Now, let’s look also at the other dataset (the one I picked by hand):

# The observed test quantity
T_h_obs = T_h(xdata_2)
print('The observed test quantity is {0:d}'.format(T_h_obs))
# Draw replicated data
N_rep = 1000
x_rep = np.ndarray((N_rep, N))
for i in range(N_rep):
    x_rep[i, :] = st.bernoulli(hat_theta2).rvs(size=N)
# Evaluate the test quantity
T_h_rep = np.ndarray(x_rep.shape[0])
for i in range(x_rep.shape[0]):
    T_h_rep[i] = T_h(x_rep[i, :])
# Do the plot
fig, ax = plt.subplots()
tmp = ax.hist(T_h_rep, density=True, alpha=0.25, label='Replicated test quantity')[0]
ax.plot(T_h_obs * np.ones((50,)), np.linspace(0, tmp.max(), 50), 'k', label='Observed test quantity')
plt.legend(loc='best')
plt.title('Hand-picked data, test quantity: number of heads');
The observed test quantity is 25
../_images/predictive-checking_24_1.svg

It looks about the same. This just means that I was able to replicate this particular test quantity when I picked values by hand. It is not possible to see the difference with this statistic.

Can we find a better test statistic? Something that can discriminate between the two data generating processes? Remember our observation when we plotted the replicated data vs the true data for the second case. We observed that my hand-picked data included more transitions from heads to tails. I was trying hard to make them look random. Let’s build a statistic that captures that. We are going to take this:

\[ T_s(x) = \text{# number of switches from 0 and 1 in the sequence}\;x. \]
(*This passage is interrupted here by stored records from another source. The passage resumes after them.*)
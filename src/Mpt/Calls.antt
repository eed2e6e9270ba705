-- ===== src/Mpt/Calls.antt =====
-- The methods of the adapter (apps/api/src/http-mpt.adapter.ts): the request that each sends and what
-- it reads of the answer. The coding of a text in an address, and the string of a document in base64,
-- are arguments.
use mark_solutions.Base.{ℕ, Option, none, some, [], ◌++◌, Text, text}
use mark_solutions.Codes.Sscc.{decimal}
use mark_solutions.Mpt.Values.{
  Json, string, object, no_fields, field, sort_keys_recursive, text_field,
}
use mark_solutions.Mpt.{
  Config, Response, Request, Line, Outcome, returned, thrown, and_then, request,
}
use mark_solutions.Mpt.Messages.{
  non_empty, to_int32, MptOrderInput, place_of, order_request, get_request, post_request,
  UtilisationInput, utilisation_body, ImportInput, import_document, WithdrawalInput,
  withdrawal_document,
}
use mark_solutions.Mpt.Answers.{
  MptOrderResult, MptOrderView, MptCodes, Submitted, Decided, reading, read_order, read_order_view,
  read_codes, read_submitted, read_decided, report_status,
}

module _ (c : Config) (replies : ℕ → Option Response) (encode_uri_component : Text → Text)
    (base64_json : Json → Text) where
  abbrev pub read : {A : Type 0} → Request → (Json → A) → Line → Outcome A × Line
  read q f l = and_then (request c replies q l) (reading f)

  -- With a place of business as a number, where it is one.
  abbrev pub placed :
      {A B : Type 0} → Outcome A → (A → Line → Outcome B × Line) → Line → Outcome B × Line
  placed (thrown e) f l = (thrown e, l)
  placed (returned place) f l = f place l

  unfoldable pub create_order : MptOrderInput → Line → Outcome MptOrderResult × Line
  create_order o =
      placed (place_of c o.business_place_id) (λ place. read (order_request c o place) read_order)

  unfoldable pub get_order : Text → Line → Outcome MptOrderView × Line
  unfolding read_order_view
  get_order id =
      read (get_request (text "/api/orders?orderId=" ++ encode_uri_component id) id)
        (read_order_view id)

  unfoldable pub get_codes : Text → Text → ℕ → Option Text → Line → Outcome MptCodes × Line
  unfolding decimal
  get_codes order_id gtin quantity last_pack_id =
      let pack : Text = elim (non_empty last_pack_id) [
        | none ↦ []
        | some p ↦ text "&lastPackId=" ++ encode_uri_component p
      ] in
      let path =
        text "/api/codes?orderId="
        ++ encode_uri_component order_id
        ++ text "&gtin="
        ++ encode_uri_component gtin
        ++ text "&quantity="
        ++ decimal quantity
        ++ pack in
      read (get_request path order_id) read_codes

  -- `operation_id` stands for the time in `util-…`.
  unfoldable pub submit_utilisation : UtilisationInput → Text → Line → Outcome Submitted × Line
  submit_utilisation u operation_id = placed (to_int32 u.business_place_id) (λ place.
      read (post_request (text "/api/utilisation") (utilisation_body u place) operation_id)
        (read_submitted (text "reportId")))

  unfoldable pub get_utilisation : Text → Line → Outcome Decided × Line
  get_utilisation id =
      read (get_request (text "/api/utilisation/" ++ encode_uri_component id) id)
        (λ d. read_decided (report_status d) d)

  -- `{ documentBody }`
  abbrev pub document : Json → Json
  document d =
      object (field (text "documentBody") (string (base64_json (sort_keys_recursive d))) no_fields)

  unfoldable pub submit_import : ImportInput → Line → Outcome Submitted × Line
  submit_import i =
      read
        (post_request (text "/public/api/v1/doc/import") (document (import_document i))
          i.customs_number)
        (read_submitted (text "documentId"))

  unfoldable pub submit_withdrawal : WithdrawalInput → Text → Line → Outcome Submitted × Line
  submit_withdrawal w operation_id =
      read
        (post_request (text "/public/api/v1/doc/withdrawal") (document (withdrawal_document w))
          operation_id)
        (read_submitted (text "documentId"))

  unfoldable pub get_document : Text → Line → Outcome Decided × Line
  get_document id =
      read (get_request (text "/public/api/v1/doc/storage/docs/" ++ encode_uri_component id) id)
        (λ d. read_decided (text_field (text "status") d) d)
This is not easy to write in an analytical form, but we can program it:

def T_s(x):
    s = 0
    for i in range(1, x.shape[0]):
        if x[i] != x[i-1]:
            s += 1
    return s

Let’s look first at the original dataset:

# The observed test quantity
T_s_obs = T_s(xdata)
print('The observed test quantity is {0:d}'.format(T_s_obs))
# Draw replicated data
N_rep = 1000
x_rep = np.ndarray((N_rep, N))
for i in range(N_rep):
    x_rep[i, :] = st.bernoulli(hat_theta).rvs(size=N)
# Evaluate the test quantity
T_s_rep = np.ndarray(x_rep.shape[0])
for i in range(x_rep.shape[0]):
    T_s_rep[i] = T_s(x_rep[i, :])
# Do the plot
fig, ax = plt.subplots()
tmp = ax.hist(T_s_rep, density=True, alpha=0.25, label='Replicated test quantity')[0]
ax.plot(T_s_obs * np.ones((50,)), np.linspace(0, tmp.max(), 50), 'k', label='Observed test quantity')
plt.legend(loc='best')
plt.title('Real data, test quantity: number of transitions from head to tails');
The observed test quantity is 25
../_images/predictive-checking_28_1.svg

This looks okay.

Let’s now look at the one I picked by hand:

# The observed test quantity
T_s_obs = T_s(xdata_2)
print('The observed test quantity is {0:d}'.format(T_s_obs))
# Draw replicated data
N_rep = 1000
x_rep = np.ndarray((N_rep, N))
for i in range(N_rep):
    x_rep[i, :] = st.bernoulli(hat_theta2).rvs(size=N)
# Evaluate the test quantity
T_s_rep = np.ndarray(x_rep.shape[0])
for i in range(x_rep.shape[0]):
    T_s_rep[i] = T_s(x_rep[i, :])
# Do the plot
fig, ax = plt.subplots()
tmp = ax.hist(T_s_rep, density=True, alpha=0.25, label='Replicated test quantity')[0]
ax.plot(T_s_obs * np.ones((50,)), np.linspace(0, tmp.max(), 50), 'k', label='Observed test quantity')
plt.legend(loc='best')
plt.title('Hand-picked data, test quantity: number of transitions from head to tails');
The observed test quantity is 32
../_images/predictive-checking_30_1.svg

Oops… The data are highly unlikely under the assumptions of this model. You see how predictive checking can help you reveal that there is something fishy with your data.

Note

What we did here has connections to the concept of p-values. However, p-values can be easily misused. The problem is that scientists and engineers tend to use them to automatically reject/accept hypotheses. Things are a bit more nuanced that the common way people use them. To do a good job teaching p-values I should devote at least one lecture on them, and this would be at the expense of another topic. Furthermore, you can do excellent data science without ever using p-values! These are the reasons why I have chosen not to talk about them. If you want to learn about p-values, I suggest you take a core statistics course.